• **Provided records**:
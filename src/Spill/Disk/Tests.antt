-- ===== src/Spill/Disk/Tests.antt =====
-- A flush to a part file at a small input.
use forge_ann.Prelude.{ℕ, ◌≡◌, refl, false, some, List, [], ◌∷◌, arith}
use mathlib.Core.Option.{some-injective}
use forge_ann.Prelude.{subst}
use forge_ann.Prelude.Sorting.{sort_by}
use forge_ann.Spill.{PendingEdge}
use forge_ann.Spill.Memory.{by_source}
use forge_ann.Spill.Disk.{
  SpillState, SpillPartWriter, create_sharded_with_config, entry_of, flush_buffer,
}
use forge_ann.Spill.Disk.Stored.{IsPart, IsStored, flush_buffer-IsStored}

abbrev edge : ℕ → ℕ → ℕ → ℕ → PendingEdge
edge p c h d = record {
  p = p;
  c = c;
  hash = h;
  dist = d;
  mandatory = false;
  local_rank = 0;
  flags = 0;
}

abbrev two_edges : List PendingEdge
two_edges = edge 3 1 5 100 ∷ edge 2 8 6 90 ∷ []

-- A shard whose open part holds two bytes.
abbrev old_writer : SpillPartWriter
old_writer = record {
  desc = record { shard_id = 0; file_id = 4; byte_len = 2 };
  writer = record { file = 1 ∷ 2 ∷ []; records = 0 };
}

abbrev state : SpillState
state = record (create_sharded_with_config 40 64 10) {
  part_writers_by_shard = (0, old_writer) ∷ [];
  next_part_id_by_shard = (0, 5) ∷ [];
}

old_writer-IsPart :
    (p : SpillPartWriter) → entry_of 0 state.part_writers_by_shard ≡ some p → IsPart 0 p
unfolding entry_of
old_writer-IsPart p e =
    subst (IsPart 0) (some-injective old_writer p e) (record { of_shard = refl; tracked = refl })

flush_buffer-IsStored_example :
    IsStored state 0 (sort_by by_source two_edges) (flush_buffer state 0 two_edges)
flush_buffer-IsStored_example =
    flush_buffer-IsStored state 0 two_edges
      (
        (omega arith, omega arith, omega arith, omega arith),
        ((omega arith, omega arith, omega arith, omega arith), tt),
      )
      old_writer-IsPart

• **Required work**:
All of the records above should be given again exactly as written.

• **Solution to this exercise**:
filename src/Spill/Disk/Tests.antt
-- ===== src/Spill/Disk/Tests.antt =====
-- A flush to a part file at a small input.
use forge_ann.Prelude.{ℕ, ◌≡◌, refl, false, some, List, [], ◌∷◌, arith}
use mathlib.Core.Option.{some-injective}
use forge_ann.Prelude.{subst}
use forge_ann.Prelude.Sorting.{sort_by}
use forge_ann.Spill.{PendingEdge}
use forge_ann.Spill.Memory.{by_source}
use forge_ann.Spill.Disk.{
  SpillState, SpillPartWriter, create_sharded_with_config, entry_of, flush_buffer,
}
use forge_ann.Spill.Disk.Stored.{IsPart, IsStored, flush_buffer-IsStored}

abbrev edge : ℕ → ℕ → ℕ → ℕ → PendingEdge
edge p c h d = record {
  p = p;
  c = c;
  hash = h;
  dist = d;
  mandatory = false;
  local_rank = 0;
  flags = 0;
}

abbrev two_edges : List PendingEdge
two_edges = edge 3 1 5 100 ∷ edge 2 8 6 90 ∷ []

-- A shard whose open part holds two bytes.
abbrev old_writer : SpillPartWriter
old_writer = record {
  desc = record { shard_id = 0; file_id = 4; byte_len = 2 };
  writer = record { file = 1 ∷ 2 ∷ []; records = 0 };
}

abbrev state : SpillState
state = record (create_sharded_with_config 40 64 10) {
  part_writers_by_shard = (0, old_writer) ∷ [];
  next_part_id_by_shard = (0, 5) ∷ [];
}

old_writer-IsPart :
    (p : SpillPartWriter) → entry_of 0 state.part_writers_by_shard ≡ some p → IsPart 0 p
unfolding entry_of
old_writer-IsPart p e =
    subst (IsPart 0) (some-injective old_writer p e) (record { of_shard = refl; tracked = refl })

flush_buffer-IsStored_example :
    IsStored state 0 (sort_by by_source two_edges) (flush_buffer state 0 two_edges)
flush_buffer-IsStored_example =
    flush_buffer-IsStored state 0 two_edges
      (
        (omega arith, omega arith, omega arith, omega arith),
        ((omega arith, omega arith, omega arith, omega arith), tt),
      )
      old_writer-IsPart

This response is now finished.